Data for this exercise:

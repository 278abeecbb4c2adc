-- ===== src/Aws/Cleanup.antt =====
-- The sweep of what the load balancer controllers made for a cluster:
-- pkg/providers/cluster/aws/cleanup.go. The calls of the AWS services are parameters; the messages to the
-- user are left out, and so are the numbers of deleted resources, which the sweep does not look at.
pub mod Balancers
pub mod Groups
pub mod Owned
pub mod Retried
pub mod Untagged
use nebari_infrastructure_co.Prelude.{
  ℕ, zero, suc, String, ◌<>◌, Bool, false, ◌&&◌, Option, none, some, List, [], ◌∷◌, ◌++◌, ◌==◌,
  if◌then◌else◌, any, Result, ok, err,
}
use nebari_infrastructure_co.Prelude.Int.{ℤ}
use nebari_infrastructure_co.Prelude.State.{M, ◌>>=◌, ◌>>◌, lift, wrap_call}
use nebari_infrastructure_co.Prelude.Text.{has_prefix}
use nebari_infrastructure_co.Aws.Batches.{batches}

pub record Tag : Type 0 where
  pub key : Option String
  pub value : Option String

-- `TagDescription` of the classic load balancers.
pub record ElbTags : Type 0 where
  pub load_balancer_name : Option String
  pub tags : List Tag

-- `TagDescription` of elbv2.
pub record ResourceTags : Type 0 where
  pub resource_arn : Option String
  pub tags : List Tag

pub record Filter : Type 0 where
  pub name : String
  pub values : List String

pub record UserIdGroupPair : Type 0 where
  pub description : Option String
  pub group_id : Option String
  pub group_name : Option String
  pub peering_status : Option String
  pub user_id : Option String
  pub vpc_id : Option String
  pub vpc_peering_connection_id : Option String

pub record IpPermission : Type 0 where
  pub ip_protocol : Option String
  pub from_port : Option ℤ
  pub to_port : Option ℤ
  pub user_id_group_pairs : List UserIdGroupPair

pub record SecurityGroup : Type 0 where
  pub group_id : Option String
  pub group_name : Option String
  pub tags : List Tag
  pub ip_permissions : List IpPermission

pub data ApiError : Type 0 where
  dependency_violation : String → ApiError
  other_error : String → ApiError

-- `ELBClient`, `ELBv2Client` and `EC2Client` over the one account. The `…_pages` stand for the paginators:
-- the pages in turn, and the error in place of a page that cannot be had; `wait_deleted` for the waiter of
-- elbv2, and `pause` for the `select` between the end of the context and five seconds.
pub record Account : Type 1 where
  pub State : Type 0
  pub elb_pages : State → List (Result ApiError (List (Option String)))
  pub elb_describe_tags : List String → M State ApiError (List ElbTags)
  pub elb_delete : String → M State ApiError (Unit {0})
  pub load_balancer_pages : State → List (Result ApiError (List (Option String)))
  pub target_group_pages : State → List (Result ApiError (List (Option String)))
  pub describe_tags : List String → M State ApiError (List ResourceTags)
  pub delete_load_balancer : String → M State ApiError (Unit {0})
  pub wait_deleted : String → M State ApiError (Unit {0})
  pub delete_target_group : String → M State ApiError (Unit {0})
  pub describe_security_groups : List Filter → M State ApiError (List SecurityGroup)
  pub revoke_security_group_ingress :
      Option String → List IpPermission → M State ApiError (Unit {0})
  pub delete_security_group : String → M State ApiError (Unit {0})
  pub pause : M State String (Unit {0})

pub data CleanupError : Type 0 where
  describe_elb_failed describe_elb_tags_failed : ApiError → CleanupError
  describe_load_balancers_failed describe_target_groups_failed : ApiError → CleanupError
  describe_tags_failed describe_target_group_tags_failed : ApiError → CleanupError
  delete_elb_failed delete_load_balancer_failed : String → ApiError → CleanupError
  delete_target_group_failed delete_group_failed wait_failed : String → ApiError → CleanupError
  describe_groups_failed : ApiError → CleanupError
  find_references_failed : String → ApiError → CleanupError
  revoke_failed : Option String → String → ApiError → CleanupError
  gave_up : String → ApiError → CleanupError
  cancelled : String → CleanupError
  -- The dereference of a missing identifier or name, which panics.
  no_group_id no_elb_name : CleanupError

-- The loop over the pages.
unfoldable pub collect :
    {A : Type 0}
    → (ApiError → CleanupError)
    → List (Result ApiError (List A))
    → List A
    → Result CleanupError (List A)
collect failed [] found = ok found
collect failed (err e ∷ pages) found = err (failed e)
collect failed (ok page ∷ pages) found = collect failed pages (found ++ page)

abbrev pub onto_names :
    Option String → Result CleanupError (List String) → Result CleanupError (List String)
onto_names none names = err no_elb_name
onto_names (some name) (ok names) = ok (name ∷ names)
onto_names (some name) (err e) = err e

-- The names on a page of classic load balancers.
abbrev pub names_of : List (Option String) → Result CleanupError (List String)
names_of [] = ok []
names_of (x ∷ xs) = onto_names x (names_of xs)

abbrev pub and_names :
    Result CleanupError (List String)
    → Result CleanupError (List String)
    → Result CleanupError (List String)
and_names (err e) rest = err e
and_names (ok names) (ok more) = ok (names ++ more)
and_names (ok names) (err e) = err e

-- The loop over the pages of classic load balancers.
unfoldable pub collect_names :
    List (Result ApiError (List (Option String))) → Result CleanupError (List String)
collect_names [] = ok []
collect_names (err e ∷ pages) = err (describe_elb_failed e)
collect_names (ok page ∷ pages) = and_names (names_of page) (collect_names pages)

-- The identifiers that are not missing.
unfoldable pub present : List (Option String) → List String
present [] = []
present (none ∷ xs) = present xs
present (some x ∷ xs) = x ∷ present xs

abbrev pub max_tag_batch : ℕ
max_tag_batch = 20

abbrev pub cluster_tag_elbv2 : String
cluster_tag_elbv2 = "elbv2.k8s.aws/cluster"

abbrev pub is_text : String → Option String → Bool
is_text t none = false
is_text t (some s) = s == t

abbrev pub has_key : String → Tag → Bool
has_key key tag = is_text key tag.key

abbrev pub of_cluster : String → Tag → Bool
of_cluster cluster tag = is_text cluster_tag_elbv2 tag.key && is_text cluster tag.value

-- The resources of the descriptions that bear the cluster's tag.
unfoldable pub matching : String → List ResourceTags → List String
matching cluster [] = []
matching cluster (d ∷ ds) =
    let rest = matching cluster ds in
    elim d.resource_arn [
      | none ↦ rest
      | some arn ↦ if any (of_cluster cluster) d.tags then arn ∷ rest else rest
    ]

-- The rules of a security group that refer to another, each with the one pair that does.
unfoldable pub referring_pairs : String → IpPermission → List UserIdGroupPair → List IpPermission
referring_pairs id rule [] = []
referring_pairs id rule (pair ∷ pairs) =
    let rest = referring_pairs id rule pairs in
    if is_text id pair.group_id
    then record {
      ip_protocol = rule.ip_protocol;
      from_port = rule.from_port;
      to_port = rule.to_port;
      user_id_group_pairs = pair ∷ [];
    }
      ∷ rest
    else rest

unfoldable pub permissions_to_revoke : String → List IpPermission → List IpPermission
unfolding referring_pairs
permissions_to_revoke id [] = []
permissions_to_revoke id (rule ∷ rules) =
    referring_pairs id rule rule.user_id_group_pairs ++ permissions_to_revoke id rules

module _ (account : Account) where
  abbrev pub Sweep : Type 0 → Type 0
  Sweep A = M account.State CleanupError A

  -- `for _, x := range xs`
  unfoldable pub for_each : {A : Type 0} → (A → Sweep (Unit {0})) → List A → Sweep (Unit {0})
  for_each f [] = lift (ok tt)
  for_each f (x ∷ xs) = f x >> for_each f xs

  unfoldable pub describe_elb : List (List String) → Sweep (List ElbTags)
  describe_elb [] = lift (ok [])
  describe_elb (batch ∷ rest) =
      wrap_call describe_elb_tags_failed (account.elb_describe_tags batch) >>= λ found.
      describe_elb rest >>= λ more. lift (ok (found ++ more))

  abbrev pub delete_named : Option String → Sweep (Unit {0})
  delete_named none = lift (err no_elb_name)
  delete_named (some name) = wrap_call (delete_elb_failed name) (account.elb_delete name)

  abbrev pub delete_elb : String → ElbTags → Sweep (Unit {0})
  delete_elb key d =
      if any (has_key key) d.tags then delete_named d.load_balancer_name else lift (ok tt)

  unfoldable pub cleanup_elb : String → Sweep (Unit {0})
  unfolding collect_names batches describe_elb for_each
  cleanup_elb key s =
      (lift (collect_names (account.elb_pages s)) >>= λ names.
      describe_elb (batches max_tag_batch names) >>= for_each (delete_elb key))
        s

  unfoldable pub describe_matching :
      (ApiError → CleanupError) → String → List (List String) → Sweep (List String)
  unfolding matching
  describe_matching failed cluster [] = lift (ok [])
  describe_matching failed cluster (batch ∷ rest) =
      wrap_call failed (account.describe_tags batch) >>= λ found.
      describe_matching failed cluster rest >>= λ more. lift (ok (matching cluster found ++ more))

  abbrev pub delete_and_wait : String → Sweep (Unit {0})
  delete_and_wait arn =
      wrap_call (delete_load_balancer_failed arn) (account.delete_load_balancer arn)
      >> wrap_call (wait_failed arn) (account.wait_deleted arn)

  abbrev pub delete_tagged :
      (ApiError → CleanupError)
      → String
      → (String → Sweep (Unit {0}))
      → List (Option String)
      → Sweep (Unit {0})
  delete_tagged failed cluster delete found =
      describe_matching failed cluster (batches max_tag_batch (present found)) >>= for_each delete

  unfoldable pub cleanup_elbv2_load_balancers : String → Sweep (Unit {0})
  unfolding collect present batches describe_matching for_each
  cleanup_elbv2_load_balancers cluster s =
      (lift (collect describe_load_balancers_failed (account.load_balancer_pages s) [])
          >>= delete_tagged describe_tags_failed cluster delete_and_wait)
        s

  abbrev pub delete_group : String → Sweep (Unit {0})
  delete_group arn = wrap_call (delete_target_group_failed arn) (account.delete_target_group arn)

  unfoldable pub cleanup_elbv2_target_groups : String → Sweep (Unit {0})
  unfolding collect present batches describe_matching for_each
  cleanup_elbv2_target_groups cluster s =
      (lift (collect describe_target_groups_failed (account.target_group_pages s) [])
          >>= delete_tagged describe_target_group_tags_failed cluster delete_group)
        s

  abbrev pub deref : Option String → Result CleanupError String
  deref none = err no_group_id
  deref (some id) = ok id

  abbrev pub revoke : String → SecurityGroup → List IpPermission → Sweep (Unit {0})
  revoke id sg [] = lift (ok tt)
  revoke id sg (p ∷ ps) = lift (deref sg.group_id) >>= λ _.
      wrap_call (revoke_failed sg.group_id id)
        (account.revoke_security_group_ingress sg.group_id (p ∷ ps))

  abbrev pub revoke_in : String → SecurityGroup → Sweep (Unit {0})
  revoke_in id sg = revoke id sg (permissions_to_revoke id sg.ip_permissions)

  abbrev pub references : String → List Filter
  references id = record { name = "ip-permission.group-id"; values = id ∷ [] } ∷ []

  unfoldable pub revoke_referencing_rules : String → Sweep (Unit {0})
  unfolding for_each permissions_to_revoke
  revoke_referencing_rules id =
      wrap_call (find_references_failed id) (account.describe_security_groups (references id))
      >>= for_each (revoke_in id)

  abbrev pub max_attempts : ℕ
  max_attempts = 12

  -- What follows an attempt: the argument says what is done to try again, and is given when this was not
  -- the last attempt.
  abbrev pub after_attempt :
      String
      → Option (Sweep (Unit {0}))
      → Result ApiError (Unit {0}) × account.State
      → Result CleanupError (Unit {0}) × account.State
  after_attempt id again (ok tt, s) = (ok tt, s)
  after_attempt id again (err (other_error e), s) =
      (err (delete_group_failed id (other_error e)), s)
  after_attempt id none (err (dependency_violation e), s) =
      (err (gave_up id (dependency_violation e)), s)
  after_attempt id (some again) (err (dependency_violation e), s) = again s

  -- The loop of `deleteSecurityGroupWithRetry`, with the number of attempts that are left.
  unfoldable pub delete_attempts : ℕ → String → Sweep (Unit {0})
  delete_attempts zero id s = (ok tt, s)
  delete_attempts (suc zero) id s = after_attempt id none (account.delete_security_group id s)
  delete_attempts (suc (suc n)) id s =
      after_attempt id (some (wrap_call cancelled account.pause >> delete_attempts (suc n) id))
        (account.delete_security_group id s)

  unfoldable pub delete_security_group_with_retry : String → Sweep (Unit {0})
  unfolding delete_attempts
  delete_security_group_with_retry = delete_attempts max_attempts

  abbrev pub remove_group : String → Sweep (Unit {0})
  remove_group id = revoke_referencing_rules id >> delete_security_group_with_retry id

  abbrev pub is_prefixed : String → Option String → Bool
  is_prefixed prefix none = false
  is_prefixed prefix (some name) = has_prefix prefix name

  abbrev pub remove_prefixed : String → String → SecurityGroup → Sweep (Unit {0})
  remove_prefixed key prefix sg =
      if is_prefixed prefix sg.group_name && any (has_key key) sg.tags
      then lift (deref sg.group_id) >>= remove_group
      else lift (ok tt)

  abbrev pub named_like : String → List Filter
  named_like prefix = record { name = "group-name"; values = (prefix <> "*") ∷ [] } ∷ []

  unfoldable pub cleanup_k8s_security_groups_by_prefix : String → String → Sweep (Unit {0})
  unfolding for_each revoke_referencing_rules delete_security_group_with_retry has_prefix
  cleanup_k8s_security_groups_by_prefix key prefix =
      wrap_call describe_groups_failed (account.describe_security_groups (named_like prefix))
      >>= for_each (remove_prefixed key prefix)

  abbrev pub remove_managed : SecurityGroup → Sweep (Unit {0})
  remove_managed sg = elim sg.group_id [ none ↦ lift (ok tt) | some id ↦ remove_group id ]

  abbrev pub lbc_managed : String → List Filter
  lbc_managed cluster =
      record { name = "tag:" <> cluster_tag_elbv2; values = cluster ∷ [] }
      ∷ record { name = "tag:service.k8s.aws/resource"; values = "ManagedLBSecurityGroup" ∷ [] }
      ∷ []

  unfoldable pub cleanup_lbc_managed_security_groups : String → Sweep (Unit {0})
  unfolding for_each revoke_referencing_rules delete_security_group_with_retry
  cleanup_lbc_managed_security_groups cluster =
      wrap_call describe_groups_failed (account.describe_security_groups (lbc_managed cluster))
      >>= for_each remove_managed

  abbrev pub classic_tag_key : String → String
  classic_tag_key cluster = "kubernetes.io/cluster/" <> cluster

  -- `cleanupAWSLoadBalancers`.
  unfoldable pub cleanup_aws_load_balancers : String → Sweep (Unit {0})
  unfolding cleanup_elb cleanup_elbv2_load_balancers cleanup_elbv2_target_groups
      cleanup_k8s_security_groups_by_prefix cleanup_lbc_managed_security_groups
  cleanup_aws_load_balancers cluster =
      cleanup_elb (classic_tag_key cluster)
      >> (cleanup_elbv2_load_balancers cluster
          >> (cleanup_elbv2_target_groups cluster
              >> (cleanup_k8s_security_groups_by_prefix (classic_tag_key cluster) "k8s-elb-"
                  >> cleanup_lbc_managed_security_groups cluster)))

What is needed: If a line in the records includes the string "IpPermission", copy it.

Exercise solution:
pub record IpPermission : Type 0 where
  pub ip_permissions : List IpPermission
      Option String → List IpPermission → M State ApiError (Unit {0})
unfoldable pub referring_pairs : String → IpPermission → List UserIdGroupPair → List IpPermission
unfoldable pub permissions_to_revoke : String → List IpPermission → List IpPermission
  abbrev pub revoke : String → SecurityGroup → List IpPermission → Sweep (Unit {0})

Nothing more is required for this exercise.